The beverage industry is notoriously competitive. Kirin beverage, a majority owned subsidiary of Kirin Brewery, one of our largest holdings struggles to maintain 5% margins yet this is one the better performers. Their problems stem from their diverse and ever changing portfolios of brands with little longevity and no real loyalty from customers. At least with Ito-En everyone knows what they stand for.

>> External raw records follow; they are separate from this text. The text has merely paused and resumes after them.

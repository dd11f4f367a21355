-- ===== src/Regex/Matcher/Sound.antt =====
-- What matchfind of include/core/match.h finds in a plain pattern is a match of it.
use Prim.{Unit, tt}
use jaclibc.Base.{
  ℕ, zero, suc, ◌+◌, ◌-◌, ◌*◌, ◌<◌, ◌≤◌, ◌≡◌, ◌⊎◌, inl, inr, ◌==◌, Bool, true, not, ◌&&◌, ◌||◌, ltb,
  leb, if◌then◌else◌, if_cases, if_both, Option, none, some, List, length, get_or, refl, sym, subst,
  arith,
}
use jaclibc.Alloc.{put}
use jaclibc.Regex.{match_fold, in_class}
use jaclibc.Regex.Nodes.{
  Token, end, char, class, any, bol, eol, cap, alt, seq, rep, look, backref, wb, nwb, flags, atomic,
  cond, call, Node, Subject, Ctx, Find, after, next_at, skip_tails, is_cont, is_success, is_edepth,
  is_seq, edepth, einternal, max_depth, max_offsets,
}
use jaclibc.Regex.Prims.{
  undo, prim_char, prim_class, prim_any, prim_bol, prim_eol, prim_cap, seq_loop, prim_alt,
  prim_atomic, prim_rep,
}
use jaclibc.Regex.Matcher.{dispatch, matchfind}
use jaclibc.Regex.Matcher.Loops.{elim_cases}
use jaclibc.Regex.Matcher.Spec.{
  is_pair, is_plain, IsPlain, IsSettled, Takes, Matches, nothing, accept, takes, pair, first,
  second, inside,
}

seq_pair : (t : Token) → is_seq t ≡ true → is_pair t ≡ true
seq_pair end eq = absurd (ground (arith, eq))
seq_pair char eq = absurd (ground (arith, eq))
seq_pair class eq = absurd (ground (arith, eq))
seq_pair any eq = absurd (ground (arith, eq))
seq_pair bol eq = absurd (ground (arith, eq))
seq_pair eol eq = absurd (ground (arith, eq))
seq_pair cap eq = absurd (ground (arith, eq))
seq_pair alt eq = absurd (ground (arith, eq))
seq_pair seq eq = refl
seq_pair rep eq = absurd (ground (arith, eq))
seq_pair look eq = absurd (ground (arith, eq))
seq_pair backref eq = absurd (ground (arith, eq))
seq_pair wb eq = absurd (ground (arith, eq))
seq_pair nwb eq = absurd (ground (arith, eq))
seq_pair flags eq = absurd (ground (arith, eq))
seq_pair atomic eq = absurd (ground (arith, eq))
seq_pair cond eq = absurd (ground (arith, eq))
seq_pair call eq = absurd (ground (arith, eq))

skip_tails_tails :
    (left : ℕ) (s : List ℕ) (next j : ℕ)
    → next ≤ j
    → j < skip_tails left s next
    → is_cont (get_or s j 0) ≡ true
unfolding skip_tails
skip_tails_tails zero s next j le lt = absurd (omega arith)
skip_tails_tails (suc left) s next j le lt = ground (arith, skip_tails_tails left s (next + 1) j)

skip_tails_le : (left : ℕ) (s : List ℕ) (next : ℕ) → next ≤ skip_tails left s next
unfolding skip_tails
skip_tails_le zero s next = omega arith
skip_tails_le (suc left) s next = ground (arith, skip_tails_le left s (next + 1))
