-- ===== src/Regex/Matcher/Repeats.antt =====
-- What a repetition of include/core/match.h finds, where no other stands in it: the calls for its part leave the
-- path of the workspace alone.
use Prim.{Unit, tt}
use jaclibc.Base.{
  ℕ, zero, suc, ◌+◌, ◌-◌, ◌<◌, ◌≤◌, ◌≡◌, ◌⊎◌, inl, inr, ◌==◌, Bool, true, ◌||◌, ltb, if◌then◌else◌,
  if_both, Bool-cases, Option, none, some, List, refl, sym, subst, arith,
}
use jaclibc.Alloc.{put}
use jaclibc.Regex.Nodes.{rep, Node, Subject, Ctx, Find, after, max_backtrack}
use jaclibc.Regex.Prims.{rep_grow, rep_try, prim_rep}
use jaclibc.Regex.Matcher.{matchfind}
use jaclibc.Regex.Matcher.Loops.{elim_cases}
use jaclibc.Regex.Matcher.Spec.{is_rep, IsPlain, IsSettled, IsFlat, Matches, nothing, repeat}
use jaclibc.Regex.Matcher.Sound.{Holds, find_sound}

module _ (is_named : List ℕ → ℕ → Bool) (towlower : ℕ → ℕ) (is_word : ℕ → Bool) (e : Subject)
    (ic : Bool) (inner : ℕ → Bool) (flat : IsFlat e.m.arena inner) (plain : IsPlain e.m.arena)
    (settled : IsSettled e.m.arena ic) where
  -- Case is as the search has it, and the path is `path`.
  abbrev Quiet : (ℕ → ℕ) → Ctx → Type 0
  Quiet path c = (c.ic ≡ ic) × (c.path ≡ path)

  Quiet-keep :
      (path : ℕ → ℕ) (c c' : Ctx) → Quiet path c → c'.ic ≡ c.ic → c'.path ≡ c.path → Quiet path c'
  Quiet-keep path c c' (same, eq) ic_eq path_eq = (cc, cc)

  abbrev QuietHolds : (ℕ → ℕ) → ℕ → ℕ → Option (Ctx × Option ℕ) → Type 0
  QuietHolds path =
      Holds is_named towlower is_word e ic (Quiet path) (λ c same. same.0) (Quiet-keep path)
        (λ i. inner i ≡ true) (λ i there. (((flat i).1 there).1, ((flat i).1 there).2))

  inner_sound :
      (path : ℕ → ℕ) (f : ℕ) (c : Ctx) (i p : ℕ)
      → inner i ≡ true
      → Quiet path c
      → QuietHolds path i p (matchfind is_named towlower is_word e f c i p)
  inner_sound path =
      find_sound is_named towlower is_word e ic (Quiet path) (λ c same. same.0) (Quiet-keep path)
        (λ i. inner i ≡ true) (λ i there. (((flat i).1 there).1, ((flat i).1 there).2)) plain
        settled (λ f good c i p eq there same. absurd (ground (arith, eq, ((flat i).1 there).0)))

  -- The match of a part, or none, with the path as it was.
  Quiet-cases :
      (P : Option (Ctx × ℕ) → Type 0) (path : ℕ → ℕ) (j q : ℕ) (o : Option (Ctx × Option ℕ))
      (miss : Ctx → Option (Ctx × ℕ)) (hit : Ctx → ℕ → Option (Ctx × ℕ))
      → QuietHolds path j q o
      → P none
      → ((c : Ctx) → Quiet path c → P (miss c))
      → ((c : Ctx) (r : ℕ) → Quiet path c → Matches is_named towlower e ic j q r → P (hit c r))
      → P (after o miss hit)
  Quiet-cases P path j q none miss hit h z m k = z
  Quiet-cases P path j q (some (c, none)) miss hit h z m k = m c h
  Quiet-cases P path j q (some (c, some r)) miss hit (h, match) z m k = k c r h match

  -- What is found from p on is a match of the node.
  abbrev pub Found : ℕ → ℕ → Option (Ctx × Option ℕ) → Type 0
  Found i p none = Unit
  Found i p (some (c, none)) = c.ic ≡ ic
  Found i p (some (c, some q)) = (c.ic ≡ ic) × Matches is_named towlower e ic i p q

  module _ (f i p : ℕ) (is_repeat : (e.m.arena i).type ≡ rep) where
    abbrev n : Node
    n = e.m.arena i

    abbrev run : Find
    run = matchfind is_named towlower is_word e f

    -- k rounds from p on.
    abbrev Rounds : (ℕ → ℕ) → ℕ → Type 0
    Rounds path k =
        ((j : ℕ) → j < k → Matches is_named towlower e ic n.a (path j) (path (j + 1)))
        × (path 0 ≡ p)
        × ((n.most ≡ 255) ⊎ (k ≤ n.most))

    abbrev Grown : Option (Ctx × ℕ) → Type 0
    Grown none = Unit
    Grown (some (c, k)) = (c.ic ≡ ic) × Rounds c.path k

    part_inner : inner n.a ≡ true
    part_inner = ((flat i).0 (subst (λ t. is_rep t ≡ true) (sym is_repeat) refl)).1

    moved :
        (x y x' y' : ℕ)
        → x ≡ x'
        → y ≡ y'
        → Matches is_named towlower e ic n.a x' y'
        → Matches is_named towlower e ic n.a x y
    moved x y x' y' ex ey match =
        subst (λ z. Matches is_named towlower e ic n.a z y) (sym ex)
          (subst (λ z. Matches is_named towlower e ic n.a x' z) (sym ey) match)

    one_more :
        (path : ℕ → ℕ) (k next : ℕ)
        → (n.most == 255 || ltb k n.most) ≡ true
        → Rounds path k
        → Matches is_named towlower e ic n.a (path k) next
        → Rounds (put path (k + 1) next) (k + 1)
    one_more path k next more (rounds, from, bound) match = (
      λ j lt. elim (Bool-cases (j == k)) [
        | inl here ↦
            moved (put path (k + 1) next j) (put path (k + 1) next (j + 1)) (path k) next
              (ground (arith, here)) (ground (arith, here)) match
        | inr other ↦
            moved (put path (k + 1) next j) (put path (k + 1) next (j + 1)) (path j) (path (j + 1))
              (ground (arith, lt)) (ground (arith, lt, other))
              (rounds j (ground (arith, lt, other)))
      ],
      ground (arith, from),
      ground (arith, more, bound),
    )

    rep_grow_sound :
        (left : ℕ) (c : Ctx) (k : ℕ)
        → c.ic ≡ ic
        → Rounds c.path k
        → Grown (rep_grow is_named towlower is_word e left run n c k)
    unfolding rep_grow
    rep_grow_sound zero c k same rounds = (same, rounds)
    rep_grow_sound (suc left) c k same rounds =
        elim_cases Grown (n.most == 255 || ltb k n.most) _ _
          (λ more.
            Quiet-cases Grown c.path n.a (c.path k) _ _ _
              (inner_sound c.path f (record c { cpath = put c.cpath (k + 1) c.caps }) n.a (c.path k)
                part_inner (same, refl))
              tt (λ c1 quiet. (quiet.0, subst (λ path. Rounds path k) (sym quiet.1) rounds))
              (λ c1 next quiet match.
                elim_cases Grown (next == c1.path k) _ _
                  (λ _. (quiet.0, subst (λ path. Rounds path k) (sym quiet.1) rounds))
                  (λ _.
                    rep_grow_sound left
                      (record c1 {
                        path = put c1.path (k + 1) next;
                        cpath = put c1.cpath (k + 1) c1.caps;
                      })
                      (k + 1) quiet.0
                      (subst (λ path. Rounds (put path (k + 1) next) (k + 1)) (sym quiet.1)
                        (one_more c.path k next more rounds match)))))
          (λ _. (same, rounds))

    part_last : n.b ≡ 0
    part_last = ((flat i).0 (subst (λ t. is_rep t ≡ true) (sym is_repeat) refl)).0

    -- The first length that is tried is a match, since nothing follows.
    rep_try_sound :
        (count : ℕ) (c : Ctx) (k at : ℕ)
        → c.ic ≡ ic
        → Rounds c.path k
        → (0 < count → (n.least ≤ at) × (at ≤ k))
        → Found i p (rep_try is_named towlower is_word e count run n c at)
    unfolding rep_try
    rep_try_sound zero c k at same rounds bounds = same
    rep_try_sound (suc count) c k at same (rounds, from, bound) bounds =
        elim_cases (Found i p) (n.b == 0) _ _
          (λ _. (
            same,
            subst (λ x. Matches is_named towlower e ic i x (c.path at)) from
                (repeat i at (c.path at) c.path is_repeat (bounds (omega arith)).0
                  (ground (arith, bound, (bounds (omega arith)).1))
                  (λ j lt. rounds j (omega (arith, lt, (bounds (omega arith)).1)))
                  (subst (λ b. Matches is_named towlower e ic b (c.path at) (c.path at))
                    (sym part_last) (nothing (c.path at)))),
          ))
          (λ more. absurd (ground (arith, more, part_last)))

    after_growing :
        (o : Option (Ctx × ℕ)) (next : Ctx → ℕ → Option (Ctx × Option ℕ))
        → Grown o
        → ((c : Ctx) (k : ℕ) → c.ic ≡ ic → Rounds c.path k → Found i p (next c k))
        → Found i p
            (elim o as (λ _. Option (Ctx × Option ℕ)) [ none ↦ none | some (c, k) ↦ next c k ])
    after_growing none next h k = tt
    after_growing (some (c, k)) next (same, rounds) h = h c k same rounds

    pub prim_rep_sound :
        (c : Ctx) → c.ic ≡ ic → Found i p (prim_rep is_named towlower is_word e run n c p)
    unfolding prim_rep
    prim_rep_sound c same =
        after_growing _
          (λ c1 k.
            rep_try is_named towlower is_word e (k + 1 - n.least) run n c1
              (if n.lazy then n.least else k))
          (rep_grow_sound (max_backtrack - 1)
            (record c { path = put c.path 0 p; cpath = put c.cpath 0 c.caps }) 0 same
            (λ j lt. absurd (omega (arith, lt)), refl, ground arith))
          (λ c1 k same1 rounds.
            rep_try_sound (k + 1 - n.least) c1 k (if n.lazy then n.least else k) same1 rounds (λ lt.
              if_both (λ at. (n.least ≤ at) × (at ≤ k)) n.lazy n.least k
                (omega arith, omega (arith, lt)) (omega (arith, lt), omega arith)))

  abbrev OfCase : Ctx → Type 0
  OfCase c = c.ic ≡ ic

  OfCase-keep : (c c' : Ctx) → OfCase c → c'.ic ≡ c.ic → c'.path ≡ c.path → OfCase c'
  OfCase-keep c c' same ic_eq path_eq = cc

  abbrev AnyHolds : ℕ → ℕ → Option (Ctx × Option ℕ) → Type 0
  AnyHolds =
      Holds is_named towlower is_word e ic OfCase (λ c same. same) OfCase-keep (λ i. Unit)
        (λ i there. (tt, tt))

  Found-Holds : (i p : ℕ) (o : Option (Ctx × Option ℕ)) → Found i p o → AnyHolds i p o
  Found-Holds i p none h = tt
  Found-Holds i p (some (c, none)) h = h
  Found-Holds i p (some (c, some q)) h = h

  Holds-Found : (i p : ℕ) (o : Option (Ctx × Option ℕ)) → AnyHolds i p o → Found i p o
  Holds-Found i p none h = tt
  Holds-Found i p (some (c, none)) h = h
  Holds-Found i p (some (c, some q)) h = h

  pub matchfind_sound :
      (f : ℕ) (c : Ctx) (i p : ℕ)
      → c.ic ≡ ic
      → Found i p (matchfind is_named towlower is_word e f c i p)
  matchfind_sound f c i p same = Holds-Found i p _ (
      find_sound is_named towlower is_word e ic OfCase (λ c same. same) OfCase-keep (λ i. Unit)
        (λ i there. (tt, tt)) plain settled
        (λ f good c i p eq there same. Found-Holds i p _ (prim_rep_sound f i p eq c same)) f c i p
        tt same)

Ito-En is not cheaply priced as the shares have done well of late but for the predictability of the business a 4.5% free cash flow yield with annual growth of at least 2% is adequate value compared to most businesses we analyse in Japan. Dividends have risen 175% over the last 10 years and 43% over the last 5. In the last two years the company bought back shares in addition to paying dividends. In those years dividends and share buybacks accounted for 44% of net earnings as opposed to 27% in the prior 5 years. Slowly the company is raising payments to shareholders. Now that all debt has been paid off this might increase even further in the future, we think. It would be good to see return on assets raised to at least 10% from the pedestrian 8% average over the last 7 years. That should be possible if ROE increases above 15%, a low figure for comparable businesses in other markets and one the internal targets of the company see exceeding by April 2006.
We were able to buy shares in Ito-En at a then prospective free cash flow yield of 5.8% in late 2002. At the time we though it was good, but not outstanding value for business. This may sound penny pinching now that the shares are up 45% from that level but when we compare values of similar business in other markets it puts this reticence into perspective. AG Barr, a UK based carbonated beverage franchise we own in other mandates we manage with similar business characteristics and growth prospects, although only one tenth of Ito-En’s sales earns significantly higher operating margins (12% versus 7%) and has a higher ROA of 11% versus 8%. In terms of valuation Barr’s free cash flow yield is 11%, dividend yield 3.8% and P/E 12x all far more attractive than Ito-En’s both today and when we bought it. The only fundamental working in Ito-En’s favour is the discount rate currently 2.8% in Japan versus 4.9% in the UK is one assumes that the yield on the longest dated bond is the best proxy. Even so, that hardly compensates for the gulf in valuation and speaks volumes for the difficulty in finding good value in Japan today.